The SDK runs in Trial mode by default; output is marked via `/Producer`
metadata. Activate a license to unlock the paid-tier capability set.

```python
import pdfluent

# Activate from a key string
pdfluent.activate_license_key("tier:enterprise")

# Or read the key from a UTF-8 text file
pdfluent.activate_license_file("/path/to/key.lic")

# Inspect the current status (always succeeds; defaults to Trial)
status = pdfluent.license_status()
print(status.tier)              # "Enterprise"
print(status.source)            # "Explicit" | "EnvVar" | "Default"
print(status.output_is_marked)  # False
```

The `PDFLUENT_LICENSE_KEY` environment variable is honoured automatically
on process start when no explicit activation has happened.

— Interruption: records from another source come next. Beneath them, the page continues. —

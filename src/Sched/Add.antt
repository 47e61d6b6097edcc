-- ===== src/Sched/Add.antt =====
-- `sched_thread_add` of kern/sched-queue.c.
use native.Mathlib.Decide.{ℕ_discrete}
use risc_v_workshop.Prelude.{
  ℕ, ◌+◌, ◌-◌, ◌≡◌, ◌≢◌, inl, inr, refl, ap, sym, ◌∙◌, subst, arith, Bool, Bool-cases, true, false,
  not, ◌||◌, none, some, [], ◌∷◌, ◌++◌, ◌==◌, if◌then◌else◌, is_empty, update_all, update_same,
  update_at, update_other, Ensures,
}
use risc_v_workshop.Klib.Bitops.{bitops_set}
use risc_v_workshop.Klib.Bitops.Bit.{isset_bounds}
use risc_v_workshop.Sched.{
  Sched, Thread, is_runable, modify, sched_thread_add, link_thread, thr_ref_inc, thr_ref_dec,
}
use risc_v_workshop.Sched.Counts.{count-append, is_empty-append}
use risc_v_workshop.Sched.Ready.{Ready, set_if}
use risc_v_workshop.Sched.Change.{requeued, IsPlain, plain-Ready}

-- The thread is at the end of the queue of its priority.
pub record Linked (t : ℕ) (s after : Sched) : Type 0 where
  pub ready : Ready after
  pub last : after.que (s.thread t).cur_prio ≡ s.que (s.thread t).cur_prio ++ t ∷ []
  pub others : (p : ℕ) → p ≢ (s.thread t).cur_prio → after.que p ≡ s.que p
  pub linked : (after.thread t).linked ≡ true
  pub state : is_runable (after.thread t).state ≡ true
  pub unmoved : (u : ℕ) → t ≢ u → (after.thread u).linked ≡ (s.thread u).linked
  pub same_state : (u : ℕ) → t ≢ u → (after.thread u).state ≡ (s.thread u).state
  pub same_out : (u : ℕ) → t ≢ u → (after.thread u).switched_out ≡ (s.thread u).switched_out

pub link_thread-Linked :
    (t : ℕ) (s : Sched)
    → Ready s
    → (s.thread t).linked ≡ false
    → is_runable (s.thread t).state ≡ true
    → Linked t s (link_thread t s)
unfolding link_thread
link_thread-Linked t s r free ok =
    let q = (s.thread t).cur_prio in
    let new : Thread = record (s.thread t) { linked = true } in
    let xs = s.que q ++ t ∷ [] in
    record {
      ready =
          requeued s t q new xs (if is_empty (s.que q) then bitops_set q s.bitmap else s.bitmap) r
            refl refl (λ l. ok)
            (λ i. elim (Bool-cases (is_empty (s.que q))) [
              | inl e ↦ rw e (isset_bounds q i s.bitmap r.words).0
              | inr e ↦ rw e (r.words i)
            ])
            (set_if s.bitmap s.que q xs r.mapped (r.valid t) (is_empty-append t (s.que q)))
            (λ u.
              let more = count-append u t (s.que q) in
              let before = r.queued q u (r.valid t) in
              elim (ℕ_discrete t u) [
                | yes e ↦
                    rw (update_at s.thread t u new e)
                      (ground (arith, more, r.queued q t (r.valid t), before))
                | no d ↦ rw (update_other s.thread t u new d) (ground (arith, more, before))
              ]);
      last = update_same s.que q xs;
      others = λ p d. update_other s.que q p xs (λ e. d (sym e));
      linked = ap (λ th. th.linked) (update_same s.thread t new);
      state = ap (λ th. is_runable th.state) (update_same s.thread t new) ∙ ok;
      unmoved = λ u d. ap (λ th. th.linked) (update_other s.thread t u new d);
      same_state = λ u d. ap (λ th. th.state) (update_other s.thread t u new d);
      same_out = λ u d. ap (λ th. th.switched_out) (update_other s.thread t u new d);
    }

pub plain-Linked :
    (t u : ℕ) (f : Thread → Thread) (s after : Sched)
    → IsPlain f
    → Linked t s after
    → Linked t s (modify u f after)
plain-Linked t u f s after p l = record {
  ready = plain-Ready after u f p l.ready;
  last = l.last;
  others = l.others;
  linked =
      update_all (λ v th. (after.thread v).linked ≡ true → th.linked ≡ true) after.thread u _ t
        (λ h. p.same_linked (after.thread u) ∙ h) (λ h. h) l.linked;
  state =
      update_all (λ v th. is_runable (after.thread v).state ≡ true → is_runable th.state ≡ true)
        after.thread u _ t (λ h. ap is_runable (p.same_state (after.thread u)) ∙ h) (λ h. h)
        l.state;
  unmoved = λ v d.
      update_all (λ v th. th.linked ≡ (after.thread v).linked) after.thread u _ v
        (p.same_linked (after.thread u)) refl
      ∙ l.unmoved v d;
  same_state = λ v d.
      update_all (λ v th. th.state ≡ (after.thread v).state) after.thread u _ v
        (p.same_state (after.thread u)) refl
      ∙ l.same_state v d;
  same_out = λ v d.
      update_all (λ v th. th.switched_out ≡ (after.thread v).switched_out) after.thread u _ v
        (p.same_out (after.thread u)) refl
      ∙ l.same_out v d;
}

pub inc_IsPlain : IsPlain (λ t. record t { refs = t.refs + 1 })
inc_IsPlain = record {
  same_linked = λ t. refl;
  same_prio = λ t. refl;
  same_state = λ t. refl;
  same_out = λ t. refl;
}

pub dec_IsPlain : IsPlain (λ t. record t { refs = t.refs - 1 })
dec_IsPlain = record {
  same_linked = λ t. refl;
  same_prio = λ t. refl;
  same_state = λ t. refl;
  same_out = λ t. refl;
}

delay_IsPlain : IsPlain (λ t. record t { dispatch_delayed = true })
delay_IsPlain = record {
  same_linked = λ t. refl;
  same_prio = λ t. refl;
  same_state = λ t. refl;
  same_out = λ t. refl;
}

-- the tests of `sched_thread_add`
pub add_branches :
    (P : Sched → Type 0) (s x y : Sched) (gone linked ok here : Bool)
    → gone ≡ false
    → linked ≡ false
    → ok ≡ true
    → P x
    → P y
    → Ensures P (
        if gone then some s else if linked || not ok then none else if here then some x else some y)
add_branches P s x y gone linked ok true g l o px py = rw (g, l, o) px
add_branches P s x y gone linked ok false g l o px py = rw (g, l, o) py

-- Adding a thread that is runnable, linked nowhere and not about to go fails no assertion. It puts the
-- thread at the end of the queue of its priority, leaves the other queues alone, and keeps the ready
-- queue well formed. The thread stays runnable, and which other threads are linked does not change.
pub sched_thread_add-Linked :
    (t : ℕ) (s : Sched)
    → Ready s
    → ((s.thread t).refs == 0) ≡ false
    → (s.thread t).linked ≡ false
    → is_runable (s.thread t).state ≡ true
    → Ensures (Linked t s) (sched_thread_add t s)
unfolding sched_thread_add
sched_thread_add-Linked t s r refs free ok =
    add_branches (Linked t s) s _ _ _ _ _ ((s.thread t).cpu == s.cpu) refs free ok
      (plain-Linked t s.current _ s _ delay_IsPlain queued) queued
  where
    same : (thr_ref_inc t s).thread t ≡ record (s.thread t) { refs = (s.thread t).refs + 1 }
    same = update_same s.thread t _

    linked : Linked t (thr_ref_inc t s) (link_thread t (thr_ref_inc t s))
    linked =
        link_thread-Linked t (thr_ref_inc t s) (plain-Ready s t _ inc_IsPlain r)
          (ap (λ th. th.linked) same ∙ free) (ap (λ th. is_runable th.state) same ∙ ok)

    prio : ((thr_ref_inc t s).thread t).cur_prio ≡ (s.thread t).cur_prio
    prio = ap (λ th. th.cur_prio) same

    queued : Linked t s (thr_ref_dec t (link_thread t (thr_ref_inc t s)))
    queued = plain-Linked t t _ s _ dec_IsPlain (record {
      ready = linked.ready;
      last =
          subst (λ q. (link_thread t (thr_ref_inc t s)).que q ≡ s.que q ++ t ∷ []) prio linked.last;
      others = λ p d. linked.others p (λ e. d (e ∙ prio));
      linked = linked.linked;
      state = linked.state;
      unmoved = λ u d. linked.unmoved u d ∙ ap (λ th. th.linked) (update_other s.thread t u _ d);
      same_state =
          λ u d. linked.same_state u d ∙ ap (λ th. th.state) (update_other s.thread t u _ d);
      same_out =
          λ u d. linked.same_out u d ∙ ap (λ th. th.switched_out) (update_other s.thread t u _ d);
    })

**Behavior to be aware of:**

- The active tier is **process-global and set-once**. Re-activating with the
  same key is a no-op. Re-activating with a different tier raises
  `RuntimeError`; restart Python to switch tiers.
- Invalid keys raise `ValueError`; missing license files raise `OSError`.
- The key string is never logged or stored beyond the call to
  `activate_license_key`.

The 1.0 release accepts the simple evaluation format `tier:<name>`
(`trial`/`developer`/`team`/`business`/`enterprise`). Cryptographically
signed payloads will be accepted by the same functions in 1.1 without
breaking the API.

## Building from Source

Requires a Rust toolchain and `maturin`.

```bash
pip install maturin
cd crates/pdf-python
maturin develop --release          # install in current venv
maturin build --release            # build wheel in ./dist/
```

## License

PDFluent Commercial License. See LICENSE.